RAG for Equipment Manuals
GenAI Prototypes • Worldwide Nanofab Community
Challenge
The challenge was to create a chatbot that could answer questions about PDF laboratory manuals. PDF manuals, especially those for complex equipment, are often difficult to search, as the data is often contained in tables, images with text, and the required information is often in multiple places within the document
Our Approach
We used a Retrival Augmented Generation (RAG) pipeline to create the chatbot. The approach used the PDF Plumber library to ingest the PDF manuals (one pass for the text, one pass for the tables), OpenAI embedding to vectorize the chunks (1536 dimension vectors), Weaviate to store the vectors, and the Streamlit library to create the chat interface. The search was done by the cosine similarity of the query vector to the vectors in the database.
Results
The project was a great introduction to creating a RAG pipeline and the chatbot was able to answer questions about the PDF manuals.

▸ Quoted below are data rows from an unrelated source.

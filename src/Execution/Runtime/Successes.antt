-- ===== src/Execution/Runtime/Successes.antt =====
-- Statements about a run that returns a result with `succeeded`, by the invocations before and
-- behind it.
pub mod Outputs
pub mod Whole
use agent_actum.Base.{
  ℕ, String, ◌≡◌, refl, sym, ap, ◌∙◌, subst, ◌⊎◌, inl, inr, Bool, true, false, Option, none, some,
  List, [], ◌∷◌, ◌++◌, Bool-cases, Option-cases, arith, ◌&&◌, if◌then◌else◌,
}
use agent_actum.Model.Json.{Value, JsonObject, dumps}
use agent_actum.Model.Exec.{
  Result, ok, err, Exec, pure, lift, ◌>>=◌, ◌>>◌, >>=-eq-ok, lift-eq-ok, pure-eq-ok, pure_state,
  Result-cases,
}
use agent_actum.Model.Host.{Host}
use agent_actum.Contracts.Models.{ActionIntent, ToolContract}
use agent_actum.Contracts.Registry.{RegisteredTool, get}
use agent_actum.Idempotency.Models.{IdempotencyClaim, is_completed, is_set}
use agent_actum.Execution.Models.{ExecutionResult, execution_result, execution_result-IsCoherent}
use agent_actum.Execution.Schema.{validate_against_schema, json_or_raise}
use agent_actum.Execution.Runtime.Defs.{
  Call, Handler, Runtime, World, Run, complete_claim, checks_pass, decode_execution_result,
}
use agent_actum.Execution.Runtime.Invocation.{
  note, invoke, succeed, verify_postconditions, verify_output, handled, run_handler, started, start,
  check_preconditions,
}
use agent_actum.Execution.Runtime.Stages.{replay, claimed, claim_from_backend, claim_key, execute}
use agent_actum.Execution.Runtime.Admission.{run_from, execute-receive}
use agent_actum.Execution.Runtime.Calls.{Quiet-append_event, Silent-complete_claim}
use agent_actum.Execution.Runtime.Paths.{
  Still-draw_from, Still-lift, Built, Statement, Everywhere, Steps, Rules, failure-ends,
  test_branches,
}
use agent_actum.Execution.Runtime.Paths.Front.{receive-by}
use agent_actum.Execution.Runtime.Paths.Behind.{
  FailRules, reject_output-by, handler_failed-by, fail_claimed-by, precondition_failed-by,
}
use agent_actum.Execution.Runtime.Results.{Replayed, decoded}

-- What holds of a successful result and of the invocations before and behind it.
abbrev pub OnSuccess : Type 1
OnSuccess = List Call → List Call → ExecutionResult → Type 0

module _ {L I : Type 0} (h : Host) (rt : Runtime L I) (run : Run) where
  abbrev pub Succeeds : OnSuccess → Statement h rt run
  Succeeds P n w x =
      (t : World L I) (a : ExecutionResult)
      → x ≡ (ok a, t)
      → a.succeeded ≡ true
      → P w.calls t.calls a

  module _ (P : OnSuccess) where
    -- A step that makes no invocation, and what follows it.
    pub Succeeds-bind :
        {B : Type 0} (m : Exec (World L I) B) (f : B → Exec (World L I) ExecutionResult)
        (w : World L I)
        → (m w).1.calls ≡ w.calls
        → ((b : B) (u : World L I) → m w ≡ (ok b, u) → Succeeds P 0 u (f b u))
        → Succeeds P 0 w ((m >>= f) w)
    Succeeds-bind m f w same k t a e s =
        let (b, u, first, e') = >>=-eq-ok m f w t e in
        let calls : u.calls ≡ w.calls = ap (λ q. q.1.calls) (sym first) ∙ same in
        subst (λ c. P c t.calls a) calls (k b u first t a e' s)

    pub Succeeds-Steps : Steps h rt run (Succeeds P)
    Succeeds-Steps = record {
      after = λ B n m f q k w. Succeeds-bind m f w (q.calls w) (λ b u. k b w u);
      event = λ n y x d f k w.
          Succeeds-bind (note h rt run y x d) f w ((Quiet-append_event h rt _).calls w)
            (λ b u _. k b u);
    }

    pub finished :
        (claim : Option IdempotencyClaim) (r : ExecutionResult) (w t : World L I)
        (a : ExecutionResult)
        → (complete_claim h rt claim r >> pure r) w ≡ (ok a, t)
        → (r ≡ a) × (t.calls ≡ w.calls)
    finished claim r w t a e =
        let (_, u, first, last) = >>=-eq-ok (complete_claim h rt claim r) (λ _. pure r) w t e in
        (
          pure-eq-ok r u t a last,
          ap (λ x. x.calls) (sym (pure_state r u t a last))
              ∙ (ap (λ q. q.1.calls) (sym first) ∙ (Silent-complete_claim h rt claim r).calls w),
        )

    pub Succeeds-FailRules :
        (claim : Option IdempotencyClaim) → FailRules h rt run claim (Succeeds P)
    Succeeds-FailRules claim = record {
      steps = Succeeds-Steps;
      finish = λ n r b w t a e s.
          let same = (finished claim r w t a e).0 in
          let never : true ≡ false = ground (arith, same, s, b.1) in absurd (cc never);
    }

    pub Succeeds-Rules : Rules h rt run (Succeeds P)
    Succeeds-Rules = record {
      steps = Succeeds-Steps;
      ends = λ n r b w t a e s.
          let failed = (b a (lift-eq-ok r w t a e)).1 in
          let never : true ≡ false = sym s ∙ failed in absurd (cc never);
    }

The code for this project is open sourced on GitHub.
Future Plans
We have switched to using OpenAI multimodal models to understand the PDF files, which are first flattened into images. Additionally, we have found that the use of PGVector to store the vectors is much more efficient than Weaviate and allows for much faster queries and more efficient storage in a Postgres database. This new version will be available soon.